Meg Whitman was a successful marketing executive for a toymaking giant in 1998 when she took a big risk on a new game -- a fledgling online auction firm called eBay.
The gamble paid off, with Whitman working her way into the select ranks of leaders of an international Internet company with billions of dollars in annual revenues.
Not all of her bets were winners, however, with her campaign last year to become governor of California failing despite her pouring a record breaking $144 million of her own money into the effort.
On Thursday, the 55-year-old Whitman stepped in to run Hewlett-Packard on the heels of the ouster of Lo Apotheker as chief executive officer at the world's largest computer maker.
"Whitman can take orders," said analyst Rob Enderle of Enderle Group in Silicon Valley.
"With a strong leader on top of her, I actually think this might be able to work," he continued. "It is the only way it will work, because her skill set is wrong."
HP's chief executive is likely to be subordinate to board chairman Ray Lane, who sets company strategy, according to the analyst.
Whitman will face the challenge of leading a global corporation that appears to have lost its way and the faith of investors.

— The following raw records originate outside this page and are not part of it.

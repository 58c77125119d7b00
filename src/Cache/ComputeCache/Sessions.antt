-- ===== src/Cache/ComputeCache/Sessions.antt =====
-- Which session a cached result belongs to, and how long it is kept.
use quantstack_terminal.Common.{
  ℕ, ◌+◌, ◌≡◌, ◌∙◌, sym, ap, false, [], ◌∷◌, none, some, Text, arith, All, ltb, ◌==◌, if◌then◌else◌,
  upper, upper_unit, split_on, split_on-join, Without,
}
use quantstack_terminal.Cache.LruCache.{LruCache}
use quantstack_terminal.Cache.LruCache.Bounds.{get-set}
use quantstack_terminal.Cache.ComputeCache.{cache_key, get_computed, set_computed, ttl_for}

upper_unit-bar : (c : ℕ) → (c == b'|') ≡ false → (upper_unit c == b'|') ≡ false
upper_unit-bar c h = ground arith

upper-Without : (s : Text) → Without b'|' s → Without b'|' (upper s)
unfolding upper
upper-Without [] h = tt
upper-Without (c ∷ s) h = (upper_unit-bar c h.0, upper-Without s h.1)

heads :
    {a b c d a' b' c' d' : Text}
    → a ∷ b ∷ c ∷ d ∷ [] ≡ a' ∷ b' ∷ c' ∷ d' ∷ []
    → (a ≡ a') × (b ≡ b') × (c ≡ c') × (d ≡ d')
heads h = ((cc), (cc), (cc), (cc))

parts :
    (symbol exchange expiry date : Text)
    → All (Without b'|') (symbol ∷ exchange ∷ expiry ∷ date ∷ [])
    → split_on b'|' (cache_key symbol exchange expiry date)
      ≡ upper symbol ∷ upper exchange ∷ expiry ∷ date ∷ []
unfolding cache_key
parts symbol exchange expiry date (s, (e, (x, (d, _)))) =
    split_on-join b'|' (upper symbol) (upper exchange ∷ expiry ∷ date ∷ [])
      (upper-Without symbol s, (upper-Without exchange e, (x, (d, tt))))

-- Two sessions, of texts without a bar, have one key only if they have one expiry and one date, and
-- symbols and exchanges that differ in case alone.
pub cache_key-eq :
    (s e x d s' e' x' d' : Text)
    → All (Without b'|') (s ∷ e ∷ x ∷ d ∷ [])
    → All (Without b'|') (s' ∷ e' ∷ x' ∷ d' ∷ [])
    → cache_key s e x d ≡ cache_key s' e' x' d'
    → (upper s ≡ upper s') × (upper e ≡ upper e') × (x ≡ x') × (d ≡ d')
cache_key-eq s e x d s' e' x' d' h h' same =
    heads (sym (parts s e x d h) ∙ ap (split_on b'|') same ∙ parts s' e' x' d' h')

-- A result that was stored last under its key is read for twelve hours if its date is the present day,
-- and for forty-eight hours if not, and not after.
pub get_computed-set_computed :
    {T : Type 0} (now later : ℕ) (today key date : Text) (data_of : T) (c : LruCache T)
    → (get_computed later key (set_computed now today key data_of date c)).1
      ≡ (if ltb (now + ttl_for today date) later then none else some data_of)
unfolding get_computed set_computed
get_computed-set_computed now later today key date data_of c =
    get-set now later key data_of (ttl_for today date) c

Whitman is credited with maneuvering eBay safely past the infamous dot-com crash of 2000 to profitability while other Internet firms sank into ignominy.
"She is much of what eBay is right now because so much of the decision-making process has come from her," Enderle told AFP.
Whitman Initially Planned a Career in Medicine
Whitman was born in Long Island, N.Y., to a businessman father and a homemaker mom. Whitman was the youngest of three children.
She enrolled in Princeton University in 1974 with plans to pursue a medical career, but switched to economics after a summer spent selling advertising for a college publication.
Whitman earned a master's degree in business administration from Harvard in 1979.
Her first job after college was in product branding for Procter & Gamble in Ohio, where she met and married a neurosurgeon.
The couple in 1981 moved to San Francisco, where she worked for a consulting firm before landing a job in the consumer products division of Walt Disney Corp. in 1989.
Whitman is credited with helping Disney acquire Discover magazine and with launching the iconic entertainment company's first store in Japan.
Whitman and her family moved to Boston after her husband accepted a job as co-director of a hospital brain-tumor center there in 1992.
She worked at a shoe company and, four years later, became chief executive of Florists' Transworld Delivery (FTD).
Whitman helped transform FTD from a struggling cooperative into a profitable private firm, before leaving in 1997 to be a general manager at toymaker Hasbro.
A year later, a corporate headhunter wooed Whitman to the helm of eBay, a startup launched by computer programmer Pierre Omidyar in San Jose, Calif., in 1995.
Whitman initially dismissed the notion, explaining in a 2001 interview that "a no-name Internet company" didn't appeal to her.
A visit to the eBay offices changed her mind and she took the chief executive job in March 1998. The company went public six months later.
Whitman's eBay Legacy
Whitman overhauled the website's look, launched an advertising campaign and negotiated the acquisition of venerable San Francisco auction house Butterfield and Butterfield, moving eBay into fine art and collectables.
As part of an expansion into new markets, Whitman orchestrated the purchase of European online auction house Alando de AG.
Whitman is credited with expanding eBay's domain while maintaining a sense of community that keeps users loyal.
Whitman has managed controversies that include shill bidding to drive up prices of art and the online sales of Nazi memorabilia or endangered animal products.
Whitman was reportedly heeding users' advice in 2003 when she arranged for eBay to buy PayPal, an online financial-transactions service that eBay uses for completing sales.
Under Whitman, eBay bought Internet telephony pioneer Skype and launched microlending website Microplace.com to funnel money to entrepreneurs in developing countries.
Whitman even made an unprecedented stand against Google.
The company yanked its advertising from Google as payback for the Internet search behemoth planning to promote PayPal rival Google Checkout near an annual gathering of eBay users last year.